# Magia por categorías > Numismagia >  Mejor juego de monedas.

## DrareG

Bueno creo que este post está en todos los subforos menos este y creo que estaria bien hacer una recopilacion de no el mejor, pero si el juego favorito de cada uno, de ver, y de hacer.

Saludos!

PD: Bueno tendré que opinar yo también: De hacer aunque sea muy sencillo es el siempre 3, y el matrix, por que no, también, y de ver pues de numismagia no he visto muchos videos, pero de Navajas moneda a través del vaso es maravilloso y un sueño del avaro también.

----------


## Raicon

4 monedas a traves de la mesa, o 4 monedas de la mano viajan a una taza.

----------


## Ella

a mi me encanta el chink a chink, vuelto metalico y las aperturas con cartas, o hacer aparecer una moneda entre 2 cartas elegidas.

----------


## DrareG

> a mi me encanta el chink a chink, vuelto metalico y las aperturas con cartas, o hacer aparecer una moneda entre 2 cartas elegidas.


La producción entre dos cartas tambien es buenissima! Por cierto el vuelo metalico solo esta en el libor de Navajas verdad?  :( 

Saludos!

----------


## El Tulipán Negro

Pues a mí, aparte de viaje de cuatro monedas de una mano a la otra, uno de los que más me gustan, por la cara de asombro que se les queda a los espectadores, es el juego TRES PREGUNTAS, el que aparece en la página 322 del BOBO. Ya sabéis, sacáis una moneda de 2 euros y pedís prestada a un espectador otra moneda igual. La del espectador la marcáis con un rotulador y se van pasando las monedas una por encima de la otra mientras se le hacen tres preguntas. En la última pregunta, al responder el espectador, la moneda marcada de 2 euros cambia visualmente a una moneda de 10 céntimos de euro que tiene la misma marca que se le hizo a la de 2 euros. Le entregas al espectador los 10 céntimos, con lo cual ganas 90 céntimos de golpe. Y la moneda de 2 euros que te queda la hago desaparecer CON UN PAÑUELO, juego que viene en el mismo libro en la página 86.

Saludos Mágicos

----------


## Manolo Talman

Para mi con diferencia el mas fuerte es el atraves de la mesa con vaso (version de Joaquin navajas por ejemplo) lo tiene todo, es visual, sonoro, magico,impactante,imposible...
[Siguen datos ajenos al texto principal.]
-- ===== src/Events/Invariant.antt =====
-- The invariant of `MemStore`: every buffer is within the cap, and `total` counts all events.
use event_driven_tests_ai.Common.{
  ℕ, ◌+◌, ◌-◌, ◌≤◌, ◌<◌, String, List, [], ◌∷◌, ◌++◌, length, drop, arith, string_comparable, ◌≡◌,
  refl, length-append,
}
use event_driven_tests_ai.Common.Dict.{Dict, lookup_or, insert}
use event_driven_tests_ai.Common.Int.{ℤ, pos, negsuc}
use event_driven_tests_ai.Events.{Event, MemStore, new_mem_store, append, buffer, all, all_of, len}

module _ {ℓ} {P : Type ℓ} where
  -- The number of events in all buffers.
  abbrev pub count_all : Dict String (List (Event P)) → ℕ
  count_all [] = 0
  count_all ((name, buf) ∷ d) = length buf + count_all d

  -- Every buffer holds at most `cap` events.
  abbrev pub WithinCap : ℕ → Dict String (List (Event P)) → Type 0
  WithinCap cap [] = Unit
  WithinCap cap ((name, buf) ∷ d) = (length buf ≤ cap) × WithinCap cap d

  pub record IsValid (s : MemStore P) : Type 0 where
    pub cap_positive : 0 < s.cap_per_stream
    pub within : WithinCap s.cap_per_stream s.by_stream
    pub counted : s.total ≡ count_all s.by_stream

  count_all-insert :
      (k : String) (buf : List (Event P)) (d : Dict String (List (Event P)))
      → count_all (insert k buf d) + length (lookup_or k d []) ≡ count_all d + length buf
  unfolding insert lookup_or
  count_all-insert k buf [] = omega arith
  count_all-insert k buf ((j, w) ∷ d) = ground (arith, count_all-insert k buf d)

  insert-WithinCap :
      (cap : ℕ) (k : String) (buf : List (Event P)) (d : Dict String (List (Event P)))
      → length buf ≤ cap
      → WithinCap cap d
      → WithinCap cap (insert k buf d)
  unfolding insert
  insert-WithinCap cap k buf [] h hs = (h, tt)
  insert-WithinCap cap k buf ((j, w) ∷ d) h hs = ground (arith, insert-WithinCap cap k buf d h hs.1)

  pub length-lookup-le :
      (cap : ℕ) (k : String) (d : Dict String (List (Event P)))
      → WithinCap cap d
      → length (lookup_or k d []) ≤ cap
  unfolding lookup_or
  length-lookup-le cap k [] hs = omega arith
  length-lookup-le cap k ((j, w) ∷ d) hs = ground (arith, length-lookup-le cap k d hs.1)

  length-drop_one : (xs : List (Event P)) → length (drop 1 xs) ≡ length xs - 1
  length-drop_one [] = omega arith
  length-drop_one (x ∷ xs) = omega arith

  count-le :
      (k : String) (d : Dict String (List (Event P))) → length (lookup_or k d []) ≤ count_all d
  unfolding lookup_or
  count-le k [] = omega arith
  count-le k ((j, w) ∷ d) = ground (arith, count-le k d)

  pub new_mem_store-IsValid : (cap : ℤ) → IsValid (new_mem_store {P = P} cap)
  unfolding new_mem_store
  new_mem_store-IsValid (pos n) = ground arith
  new_mem_store-IsValid (negsuc n) = omega arith

  -- Appending an event to a valid store gives a valid store: no buffer passes the cap, and the
  -- running total is the number of events held.
  pub append-IsValid : (e : Event P) (s : MemStore P) → IsValid s → IsValid (append e s)
  unfolding append
  append-IsValid e s v = ground (
    arith,
    length-lookup-le s.cap_per_stream e.stream s.by_stream v.within,
    count-le e.stream s.by_stream,
    length-drop_one (buffer e.stream s),
    length-append (drop 1 (buffer e.stream s)) (e ∷ []),
    length-append (buffer e.stream s) (e ∷ []),
    count_all-insert e.stream (drop 1 (buffer e.stream s) ++ e ∷ []) s.by_stream,
    count_all-insert e.stream (buffer e.stream s ++ e ∷ []) s.by_stream,
    insert-WithinCap s.cap_per_stream e.stream (drop 1 (buffer e.stream s) ++ e ∷ []) s.by_stream,
    insert-WithinCap s.cap_per_stream e.stream (buffer e.stream s ++ e ∷ []) s.by_stream,
  )

  length-all_of : (d : Dict String (List (Event P))) → length (all_of d) ≡ count_all d
  unfolding all_of
  length-all_of [] = refl
  length-all_of ((name, buf) ∷ d) = omega (arith, length-append buf (all_of d), length-all_of d)

  -- In a valid store `Len` is the number of events that `All` returns.
  pub len-eq-length-all : (s : MemStore P) → IsValid s → len s ≡ length (all s)
  unfolding len all
  len-eq-length-all s v = omega (arith, v.counted, length-all_of s.by_stream)
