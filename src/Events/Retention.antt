-- ===== src/Events/Retention.antt =====
-- `MemStore` against what it promises: each stream keeps the last events appended to it.
use event_driven_tests_ai.Common.{
  ℕ, ◌-◌, ◌≤◌, ◌<◌, String, List, [], ◌∷◌, ◌++◌, length, drop, arith, if◌then◌else◌, leb, ◌==◌,
  string_comparable, ◌≡◌, inl, inr, refl, sym, ap, ◌∙◌, length-append, length-drop, drop-append_le,
  drop-drop, eq_iff, Bool-cases, select, true, false, Bool,
}
use mathlib.Core.Path.{subst}
use mathlib.Core.List.{append_assoc, append-nil}
use event_driven_tests_ai.Common.Dict.{lookup_or, lookup_or-insert, lookup_or-insert_self}
use event_driven_tests_ai.Common.Int.{ℤ, non_positive, pos_part}
use event_driven_tests_ai.Events.{
  Event, MemStore, new_mem_store, append, buffer, query, default_cap_per_stream,
}
use event_driven_tests_ai.Events.Invariant.{
  IsValid, append-IsValid, new_mem_store-IsValid, length-lookup-le,
}

module _ {ℓ} {A : Type ℓ} where
  -- The last `n` items.
  unfoldable pub keep_last : ℕ → List A → List A
  keep_last n xs = drop (length xs - n) xs

  keep_last-append :
      (n : ℕ) (xs ys : List A) → keep_last n (keep_last n xs ++ ys) ≡ keep_last n (xs ++ ys)
  unfolding keep_last
  keep_last-append n xs ys = rw (← drop-append_le (length xs - n) xs ys (omega arith)) (
      drop-drop _ _ (xs ++ ys)
      ∙ ap (λ k. drop k (xs ++ ys))
          (omega (arith, length-append xs ys, length-drop (length xs - n) (xs ++ ys))))

  keep_last-le : (n : ℕ) (xs : List A) → length xs ≤ n → keep_last n xs ≡ xs
  unfolding keep_last
  keep_last-le n xs h = let e : length xs - n ≡ 0 = omega arith in rw e

  keep_last-full :
      (n : ℕ) (xs : List A) (x : A)
      → 0 < n
      → length xs ≡ n
      → keep_last n (xs ++ x ∷ []) ≡ drop 1 xs ++ x ∷ []
  unfolding keep_last
  keep_last-full n xs x p h =
      let e : length (xs ++ x ∷ []) - n ≡ 1 = omega (arith, length-append xs (x ∷ [])) in
      rw e (drop-append_le 1 xs (x ∷ []) (omega arith))

  -- The eviction of `append`, as keeping the last items.
  pub evict-eq-keep_last :
      (n : ℕ) (xs : List A) (x : A)
      → 0 < n
      → length xs ≤ n
      → (if leb n (length xs) then drop 1 xs else xs) ++ x ∷ [] ≡ keep_last n (xs ++ x ∷ [])
  evict-eq-keep_last n xs x p h = elim (Bool-cases (leb n (length xs))) [
    | inl full ↦ rw full (sym (keep_last-full n xs x p (ground arith)))
    | inr room ↦
        rw room (sym (keep_last-le n (xs ++ x ∷ []) (ground (arith, length-append xs (x ∷ [])))))
  ]

  pub keep_last-keep_last :
      (n : ℕ) (xs : List A) (x : A)
      → keep_last n (keep_last n xs ++ x ∷ []) ≡ keep_last n (xs ++ x ∷ [])
  keep_last-keep_last n xs x = keep_last-append n xs (x ∷ [])

abbrev pub effective_cap : ℤ → ℕ
effective_cap limit = if non_positive limit then default_cap_per_stream else pos_part limit

module _ {ℓ} {P : Type ℓ} where
  pub query-append_self :
      (e : Event P) (s : MemStore P)
      → IsValid s
      → query (append e s) e.stream ≡ keep_last s.cap_per_stream (query s e.stream ++ e ∷ [])
  unfolding query append
  query-append_self e s v = rw lookup_or-insert_self (
      evict-eq-keep_last s.cap_per_stream (buffer e.stream s) e v.cap_positive
        (length-lookup-le s.cap_per_stream e.stream s.by_stream v.within))

  pub query-append_at :
      (e : Event P) (s : MemStore P) (name : String)
      → IsValid s
      → (e.stream == name) ≡ true
      → query (append e s) name ≡ keep_last s.cap_per_stream (query s name ++ e ∷ [])
  query-append_at e s name v h =
      subst (λ n. query (append e s) n ≡ keep_last s.cap_per_stream (query s n ++ e ∷ []))
        ((eq_iff e.stream name).0 h) (query-append_self e s v)

  cap-append : (e : Event P) (s : MemStore P) → (append e s).cap_per_stream ≡ s.cap_per_stream
  unfolding append
  cap-append e s = refl

  pub query-append_ne :
      (e : Event P) (s : MemStore P) (name : String)
      → (e.stream == name) ≡ false
      → query (append e s) name ≡ query s name
  unfolding query append
  query-append_ne e s name h = simp (lookup_or-insert, h)

  -- A history of appends.
  unfoldable pub append_all : List (Event P) → MemStore P → MemStore P
  append_all [] s = s
  append_all (e ∷ es) s = append_all es (append e s)

  abbrev pub on_stream : String → Event P → Bool
  on_stream name e = e.stream == name

  retention_from :
      (limit : ℕ) (es xs : List (Event P)) (s : MemStore P) (name : String)
      → IsValid s
      → s.cap_per_stream ≡ limit
      → query s name ≡ keep_last limit xs
      → query (append_all es s) name ≡ keep_last limit (xs ++ select (on_stream name) es)
  unfolding append_all
  retention_from limit [] xs s name v c h = rw append-nil h
  retention_from limit (e ∷ es) xs s name v c h =
      let rest = λ (ys : List (Event P)). retention_from limit es ys (append e s) name in
      let v' = append-IsValid e s v in
      let c' = cap-append e s ∙ c in
      elim (Bool-cases (e.stream == name)) [
        | inl same ↦ rw same (
            rw append_assoc at (
              rest (xs ++ e ∷ []) v' c'
                (query-append_at e s name v same ∙ rw (h, c) (keep_last-keep_last limit xs e))))
        | inr other ↦ rw other (rest xs v' c' (query-append_ne e s name other ∙ h))
      ]

  -- After any history of appends to a new store, a query of a stream returns exactly the last
  -- events appended to that stream, as many as the cap allows, oldest first.
  pub query-append_all :
      (limit : ℤ) (es : List (Event P)) (name : String)
      → query (append_all es (new_mem_store limit)) name
        ≡ keep_last (effective_cap limit) (select (on_stream name) es)
  query-append_all limit es name =
      retention_from (effective_cap limit) es [] (new_mem_store limit) name
        (new_mem_store-IsValid limit) (unfold new_mem_store in refl)
        (unfold new_mem_store query lookup_or in
          sym (keep_last-le (effective_cap limit) [] (omega arith)))

  append_all-IsValid :
      (es : List (Event P)) (s : MemStore P) → IsValid s → IsValid (append_all es s)
  unfolding append_all
  append_all-IsValid [] s v = v
  append_all-IsValid (e ∷ es) s v = append_all-IsValid es (append e s) (append-IsValid e s v)
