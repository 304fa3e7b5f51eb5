-- ===== src/Common/Perms.antt =====
-- Lists in another order: what maps, selections and concatenations make of them.
use mathlib.Core.Path.{◌≡◌, refl, ap, subst}
use mathlib.Core.Bool.{Bool}
use mathlib.Core.Logic.{inl, inr}
use mathlib.Core.List.{List, [], ◌∷◌, ◌++◌, map, Permᴰ}
use mathlib.Core.List.Permᴰ
use mathlib.Core.List.Permᴰ.{nil, cons, swap, trans}
use event_driven_tests_ai.Common.Tests.{if◌then◌else◌, Bool-cases}
use event_driven_tests_ai.Common.Lists.{select}

module _ {A : Type 0} where
  -- Two blocks change places.
  pub append_swap : (xs ys zs : List A) → Permᴰ (xs ++ (ys ++ zs)) (ys ++ (xs ++ zs))
  append_swap [] ys zs = Permᴰ.refl (ys ++ zs)
  append_swap (x ∷ xs) ys zs =
      trans (cons refl (append_swap xs ys zs)) (Permᴰ.symm (Permᴰ.middle x ys (xs ++ zs)))

module _ {A B : Type 0} (f : A → B) where
  pub map-Permᴰ : (xs ys : List A) → Permᴰ xs ys → Permᴰ (map f xs) (map f ys)
  map-Permᴰ _ _ nil = nil
  map-Permᴰ _ _ (cons {l₁ = xs} {l₂ = ys} e h) = cons (ap f e) (map-Permᴰ xs ys h)
  map-Permᴰ _ _ (swap e g) = swap (ap f e) (ap f g)
  map-Permᴰ xs zs (trans {l₂ = ys} g h) = trans (map-Permᴰ xs ys g) (map-Permᴰ ys zs h)

module _ {A B : Type 0} (f : A → List B) where
  -- The blocks of a list, one after another.
  abbrev pub blocks : List A → List B
  blocks [] = []
  blocks (x ∷ xs) = f x ++ blocks xs

  pub blocks-Permᴰ : (xs ys : List A) → Permᴰ xs ys → Permᴰ (blocks xs) (blocks ys)
  blocks-Permᴰ _ _ nil = nil
  blocks-Permᴰ _ _ (cons {a = a} {l₁ = xs} {l₂ = ys} e h) =
      subst (λ z. Permᴰ (f a ++ blocks xs) (f z ++ blocks ys)) e
        (Permᴰ.append_left (f a) (blocks-Permᴰ xs ys h))
  blocks-Permᴰ _ _ (swap {a = a} {b = b} {a' = c} {b' = d} {l = xs} e g) =
      subst (λ z. Permᴰ (f a ++ (f b ++ blocks xs)) (f c ++ (f z ++ blocks xs))) e
        (subst (λ z. Permᴰ (f a ++ (f b ++ blocks xs)) (f z ++ (f a ++ blocks xs))) g
          (append_swap (f a) (f b) (blocks xs)))
  blocks-Permᴰ xs zs (trans {l₂ = ys} g h) = trans (blocks-Permᴰ xs ys g) (blocks-Permᴰ ys zs h)

module _ {A : Type 0} (p : A → Bool) where
  abbrev one_if : A → List A
  one_if x = if p x then x ∷ [] else []

  select-blocks : (xs : List A) → select p xs ≡ blocks one_if xs
  select-blocks [] = refl
  select-blocks (x ∷ xs) = elim (Bool-cases (p x)) [
    | inl chosen ↦ rw (chosen, select-blocks xs)
    | inr left ↦ rw (left, select-blocks xs)
  ]

  pub select-Permᴰ : (xs ys : List A) → Permᴰ xs ys → Permᴰ (select p xs) (select p ys)
  select-Permᴰ xs ys h = rw (select-blocks xs, select-blocks ys) (blocks-Permᴰ one_if xs ys h)
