-- ===== src/Checks/Operators/Streams.antt =====
-- What the operator on HTTP streams reads of a store.
use mathlib.Core.Path.{subst}
use mathlib.Core.List.{Permᴰ}
use mathlib.Core.List.Permᴰ.{trans}
use event_driven_tests_ai.Common.Perms.{blocks, blocks-Permᴰ, map-Permᴰ, select-Permᴰ}
use event_driven_tests_ai.Common.Text.{strip_prefix}
use event_driven_tests_ai.Common.{
  ascii, drop, leb, length, String, List, [], ◌∷◌, ◌++◌, ◌≡◌, refl, ap, ◌∙◌, sym, arith, map,
  select, if◌then◌else◌, ◌==◌, string_comparable, Bool, true, false, Option, none, some, All,
  All-append, Bool-cases, inl, inr, eq_iff,
}
use event_driven_tests_ai.Common.Dict.{eq_refl, Dict, lookup, insert, lookup_or, lookup-insert}
use event_driven_tests_ai.Common.Int.{ℤ}
use event_driven_tests_ai.Events.{
  Store, buffer, Event, MemStore, new_mem_store, append, query, streams, streams_of, all, all_of,
  reads,
}
use event_driven_tests_ai.Events.Retention.{append_all}
use event_driven_tests_ai.Checks.Operators.{
  event_to_map, events_of, http_events, is_http_stream, matches_path,
}
use event_driven_tests_ai.Checks.Glob.{glob_match}

-- The path of an event on an HTTP stream fits the pattern.
abbrev pub on_path : Option String → String → Bool
on_path none pattern = false
on_path (some path) pattern = glob_match (ascii pattern) (ascii path)

on_path-is_http_stream :
    (pattern : String) (o : Option String) → on_path o pattern ≡ matches_path pattern o
on_path-is_http_stream pattern none = refl
on_path-is_http_stream pattern (some path) = refl

module _ {P : Type 0} where
  -- Every event stands in the buffer of its stream, and each stream has one buffer.
  abbrev IsNamed : Dict String (List (Event P)) → Type 0
  IsNamed [] = Unit
  IsNamed ((name, buf) ∷ d) = All (λ e. e.stream ≡ name) buf × (lookup name d ≡ none) × IsNamed d

  lookup-insert_other :
      (j k : String) (v : List (Event P)) (d : Dict String (List (Event P)))
      → (k == j) ≡ false
      → lookup j d ≡ none
      → lookup j (insert k v d) ≡ none
  lookup-insert_other j k v d e h = lookup-insert k j v d ∙ rw e h

  IsNamed-insert :
      (k : String) (v : List (Event P)) (d : Dict String (List (Event P)))
      → All (λ e. e.stream ≡ k) v
      → IsNamed d
      → IsNamed (insert k v d)
  unfolding insert lookup
  IsNamed-insert k v [] h n = (h, refl, tt)
  IsNamed-insert k v ((j, w) ∷ d) h (a, b, c) = elim (Bool-cases (j == k)) [
    | inl same ↦ rw same (let e : j ≡ k = (eq_iff j k).0 same in (h, rw (← e) b, c))
    | inr other ↦ rw other (
      a,
      lookup-insert_other j k v d (ground (arith, eq_iff j k, eq_iff k j, other)) b,
      IsNamed-insert k v d h c,
    )
  ]

  -- The buffers of a list of entries are those that a dictionary has.
  abbrev Agree : Dict String (List (Event P)) → Dict String (List (Event P)) → Type 0
  Agree full [] = Unit
  Agree full ((name, buf) ∷ d) = (lookup_or name full [] ≡ buf) × Agree full d

  Agree-cons :
      (name : String) (buf : List (Event P)) (full d : Dict String (List (Event P)))
      → lookup name d ≡ none
      → Agree full d
      → Agree ((name, buf) ∷ full) d
  unfolding lookup_or lookup
  Agree-cons name buf full [] h a = tt
  Agree-cons name buf full ((j, w) ∷ d) h (a, rest) =
      let e : (name == j) ≡ false = ground (arith, h, eq_iff j name, eq_iff name j) in
      let k : lookup name d ≡ none = ground (arith, h, e, eq_iff j name, eq_iff name j) in
      (rw (e, lookup_or) a, Agree-cons name buf full d k rest)

  Agree-self : (d : Dict String (List (Event P))) → IsNamed d → Agree d d
  unfolding lookup_or lookup
  Agree-self [] n = tt
  Agree-self ((name, buf) ∷ d) (a, b, c) =
      (rw (eq_refl name, lookup_or) refl, Agree-cons name buf d d b (Agree-self d c))

  abbrev pub fits_event : (String → Bool) → Event P → Bool
  fits_event fits e = fits e.stream

  select-fit :
      (fits : String → Bool) (name : String) (buf rest : List (Event P))
      → All (λ e. e.stream ≡ name) buf
      → fits name ≡ true
      → select (fits_event fits) (buf ++ rest) ≡ buf ++ select (fits_event fits) rest
  select-fit fits name [] rest h k = refl
  select-fit fits name (e ∷ buf) rest (h, hs) k =
      let f : fits e.stream ≡ true = ap fits h ∙ k in rw (f, select-fit fits name buf rest hs k)

  select-misfit :
      (fits : String → Bool) (name : String) (buf rest : List (Event P))
      → All (λ e. e.stream ≡ name) buf
      → fits name ≡ false
      → select (fits_event fits) (buf ++ rest) ≡ select (fits_event fits) rest
  select-misfit fits name [] rest h k = refl
  select-misfit fits name (e ∷ buf) rest (h, hs) k =
      let f : fits e.stream ≡ false = ap fits h ∙ k in rw (f, select-misfit fits name buf rest hs k)

  events_of-select :
      (full : Dict String (List (Event P))) (fits : String → Bool)
      (d : Dict String (List (Event P)))
      → IsNamed d
      → Agree full d
      → events_of (λ name. lookup_or name full []) fits (streams_of d)
        ≡ select (fits_event fits) (all_of d)
  unfolding events_of streams_of all_of
  events_of-select full fits [] n a = refl
  events_of-select full fits ((name, buf) ∷ d) (a, b, c) (h, hs) = elim (Bool-cases (fits name)) [
    | inl fit ↦
        rw (h, fit, events_of-select full fits d c hs, select-fit fits name buf (all_of d) a fit)
    | inr misfit ↦
        rw (
          misfit,
          events_of-select full fits d c hs,
          select-misfit fits name buf (all_of d) a misfit,
        )
  ]

  lookup_or-IsNamed :
      (name : String) (d : Dict String (List (Event P)))
      → IsNamed d
      → All (λ e. e.stream ≡ name) (lookup_or name d [])
  unfolding lookup_or lookup
  lookup_or-IsNamed name [] n = tt
  lookup_or-IsNamed name ((j, w) ∷ d) (a, b, c) = elim (Bool-cases (j == name)) [
    | inl same ↦
        let e : j ≡ name = (eq_iff j name).0 same in
        let found : lookup_or name ((j, w) ∷ d) [] ≡ w = rw (same, lookup_or) refl in
        subst (λ l. All (λ f. f.stream ≡ name) l) (sym found) (rw (← e) a)
    | inr other ↦
        let passed : lookup_or name ((j, w) ∷ d) [] ≡ lookup_or name d [] =
          rw (other, lookup_or) refl in
        subst (λ l. All (λ f. f.stream ≡ name) l) (sym passed) (lookup_or-IsNamed name d c)
  ]

  All-kept :
      (b : Bool) (name : String) (buf : List (Event P))
      → All (λ e. e.stream ≡ name) buf
      → All (λ e. e.stream ≡ name) (if b then drop 1 buf else buf)
  All-kept true name [] h = tt
  All-kept true name (e ∷ buf) (h, hs) = hs
  All-kept false name buf h = h

  IsNamed-append :
      (e : Event P) (s : MemStore P) → IsNamed s.by_stream → IsNamed (append e s).by_stream
  unfolding append
  IsNamed-append e s n =
      IsNamed-insert e.stream _ s.by_stream
        (All-append (λ f. f.stream ≡ e.stream) _ (e ∷ [])
          (All-kept (leb s.cap_per_stream (length (buffer e.stream s))) e.stream (buffer e.stream s)
            (lookup_or-IsNamed e.stream s.by_stream n))
          (refl, tt))
        n

  IsNamed-append_all :
      (es : List (Event P)) (s : MemStore P)
      → IsNamed s.by_stream
      → IsNamed (append_all es s).by_stream
  unfolding append_all
  IsNamed-append_all [] s n = n
  IsNamed-append_all (e ∷ es) s n = IsNamed-append_all es (append e s) (IsNamed-append e s n)

  -- What is read of one stream.
  abbrev block : (String → List (Event P)) → (String → Bool) → String → List (Event P)
  block query fits name = if fits name then query name else []

  events_of-blocks :
      (query : String → List (Event P)) (fits : String → Bool) (names : List String)
      → events_of query fits names ≡ blocks (block query fits) names
  unfolding events_of
  events_of-blocks query fits [] = refl
  events_of-blocks query fits (name ∷ names) = elim (Bool-cases (fits name)) [
    | inl fit ↦ rw (fit, events_of-blocks query fits names)
    | inr misfit ↦ rw (misfit, events_of-blocks query fits names)
  ]

  -- A store whose streams are listed in the order of `names`.
  abbrev pub listing : List String → Store P → Store P
  listing names st = record st { streams = names }

  abbrev pub fits_pattern : String → Event P → Bool
  fits_pattern pattern e = on_path (strip_prefix "http:" e.stream) pattern

  select-fits :
      (pattern : String) (es : List (Event P))
      → select (fits_event (is_http_stream pattern)) es ≡ select (fits_pattern pattern) es
  unfolding is_http_stream
  select-fits pattern [] = refl
  select-fits pattern (e ∷ es) =
      rw (on_path-is_http_stream pattern (strip_prefix "http:" e.stream), select-fits pattern es)

  -- After any appends to a new store, and in whatever order the store lists its streams and its
  -- events: the operator on HTTP streams gives exactly those of all events of the store whose stream is
  -- `http:` and a path that the pattern fits, each as often as the store has it.
  pub http_events-append_all :
      (limit : ℤ) (es : List (Event P)) (pattern : String) (names : List String)
      (events : List (Event P))
      → Permᴰ names (streams (append_all es (new_mem_store limit)))
      → Permᴰ (all (append_all es (new_mem_store limit))) events
      → Permᴰ
          (http_events (listing names (reads (append_all es (new_mem_store limit)))) pattern)
          (map event_to_map (select (fits_pattern pattern) events))
  unfolding http_events reads query streams all
  http_events-append_all limit es pattern names events listed stored =
      let s = append_all es (new_mem_store limit) in
      let fits = is_http_stream pattern in
      let new : IsNamed (new_mem_store {P = P} limit).by_stream = unfold new_mem_store in tt in
      let n = IsNamed-append_all es (new_mem_store limit) new in
      let q : String → List (Event P) = λ name. lookup_or name s.by_stream [] in
      let same : events_of q fits (streams_of s.by_stream)
          ≡ select (fits_event fits) (all_of s.by_stream) =
        events_of-select s.by_stream fits s.by_stream n (Agree-self s.by_stream n) in
      let moved : Permᴰ (events_of q fits names) (events_of q fits (streams_of s.by_stream)) =
        rw (events_of-blocks q fits names, events_of-blocks q fits (streams_of s.by_stream))
          (blocks-Permᴰ (block q fits) names (streams_of s.by_stream) listed) in
      map-Permᴰ event_to_map _ _ (
        trans (subst (λ l. Permᴰ (events_of q fits names) l) (same ∙ select-fits pattern _) moved)
          (select-Permᴰ (fits_pattern pattern) _ _ stored))
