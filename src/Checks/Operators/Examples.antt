-- ===== src/Checks/Operators/Examples.antt =====
-- Operators on a small store and on small lists.
use mathlib.Core.List.{Permᴰ}
use mathlib.Core.List.Permᴰ.{cons, swap, trans}
use event_driven_tests_ai.Common.{refl, ℕ, String, List, [], ◌∷◌, map, select}
use event_driven_tests_ai.Common.Dict.{insert, lookup_or}
use event_driven_tests_ai.Common.Int.{pos}
use event_driven_tests_ai.Events.{append, streams, Event, http_call, new_mem_store, all, reads}
use event_driven_tests_ai.Events.Retention.{append_all}
use event_driven_tests_ai.Checks.Operators.{event_to_map, http_events}
use event_driven_tests_ai.Checks.Operators.Streams.{listing, fits_pattern, http_events-append_all}

abbrev event : String → ℕ → Event ℕ
event name t = record {
  stream = name;
  key = "";
  ts = t;
  headers = [];
  payload = t;
  direction = http_call;
}

abbrev history : List (Event ℕ)
history = event "http:/orders/1" 3 ∷ event "orders" 4 ∷ event "http:/health" 5 ∷ []

-- The streams and the events in another order than that of the appends.
http_events-append_all_example :
    Permᴰ
      (http_events
        (listing
          ("http:/health" ∷ "http:/orders/1" ∷ "orders" ∷ [])
          (reads (append_all history (new_mem_store (pos 4)))))
        "/orders/*")
      (map event_to_map (
        select
          (fits_pattern "/orders/*")
          (event "http:/health" 5 ∷ event "http:/orders/1" 3 ∷ event "orders" 4 ∷ [])))
unfolding append_all append new_mem_store streams all insert lookup_or
http_events-append_all_example =
    http_events-append_all (pos 4) history "/orders/*"
      ("http:/health" ∷ "http:/orders/1" ∷ "orders" ∷ [])
      (event "http:/health" 5 ∷ event "http:/orders/1" 3 ∷ event "orders" 4 ∷ [])
      (trans (swap refl refl) (cons refl (swap refl refl)))
      (trans (cons refl (swap refl refl)) (swap refl refl))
para mi el mejor sin duda.

----------


## jose castiñeiras gonzalez

Talman, coincido plenamente. De hecho en mi rutina de la SEI, incluí dicho juego, el monedas canguro. Otros que me apasionan son el vuelo metálico, típico coins across (con el famoso "objeto" numismágico) y el interior okito.

----------


## Ella

> Para mi con diferencia el mas fuerte es el atraves de la mesa con vaso (version de Joaquin navajas por ejemplo) lo tiene todo, es visual, sonoro, magico,impactante,imposible...
> 
> para mi el mejor sin duda.


pues a mi no se, no digo que sea mejor, pero me gusta mas (para gustos colores...) el monedsa atraves de la mesa de slydini (hecho por el,claro)

----------


## KID_1412

A mi m gusta el chink a chink, plata y cobre y el matrix

----------


## nitrojd

yo me quedo con el monedas a traves de la mesa que explica tamariz en el monedas^3. Se basa en la rutina de vernon si no me equivoco

----------


## ExTrEm0

Pues yo, como no sé los nombres concretos de los efectos de numismagia, diré que me encantan los efectos en los que pasan monedas de una mano a la otra, o de la mano del espectador a la mano del mago y viceversa.

----------


## BusyMan

Las rutinas de Spellbound tipo Wild Coins de David Roth o Monedas Camaleón de Tommy Wonder me parecen absolutamente mágicas

----------


## DavidSOL

Creo que los mejores efectos de monedas son aquellos que no necesitan mesa, de es de lo que adolecen normalmente los juegos de monedas. Mucha mesa, mucho Hang Ping Chien y el que mejor le da como mucho la Catapulta de Navajas.
Los mejores juegos de monedas a mi entender son los juegos verticalizados:
Sueño del avaro.
3-Fly
Monedas Colgantes
etc...

Casi todos mis efectos son verticalizados, ya sean con un paso por detras o uno por delante al espectador, y no, eso no significa que ponga un pie delante o un pie detras   :Lol:

----------


## DrareG

Mhn, a porpósito de 3fly, que tal es?? Es que havia pensado en el pero no se si requiere mucha técnica, preparación etc..

Saludos!

----------


## Manolo Talman

una pregunta... cuando decis el mejor juego de monedas... os referis para magos o para profanos? porque con algunas respuestas yo me estoy quedando  :shock:

----------


## Ella

> una pregunta... cuando decis el mejor juego de monedas... os referis para magos o para profanos? porque con algunas respuestas yo me estoy quedando  :shock:


yo las que he dicho son los juegos que me gustan a mi personalmente




> Sueño del avaro.


desgraciadamente no he tenido la ocacion de verlo correctamente, creo, porque lo que he visto con el nombre de este juego no me gusto, fue a mcbride y en el coinvention, no obstante he visto a kaps hacer algo parecido y me encanto

----------


## jose castiñeiras gonzalez

Los que dije yo, me gustan simplemente hacerlos. Por supuesto, los hago ante el público, y si surge ocasión tamibén para magos..
Feliz año

----------


## magomurga

practicamente todos los juegos de "mi magia con sus monedas " de miguel puga me parece increible, pero el matrix es para mi uno de los preferidos




PD: se parece a ignoto --------} 8-)

----------


## Rafa505

Creo que es de Miguel Ángel Gea.

PD: Alguien tiene un fan... :roll:

----------


## magomurga

me pillaste uppsssss

----------


## magokreuss

pues a mi me gustan mucho las rutinas de una sola moneda de desapariciones-apariciones-desapariciones..... y terminar con un final inesperado (aparición de una jumbo, una botella, un billete)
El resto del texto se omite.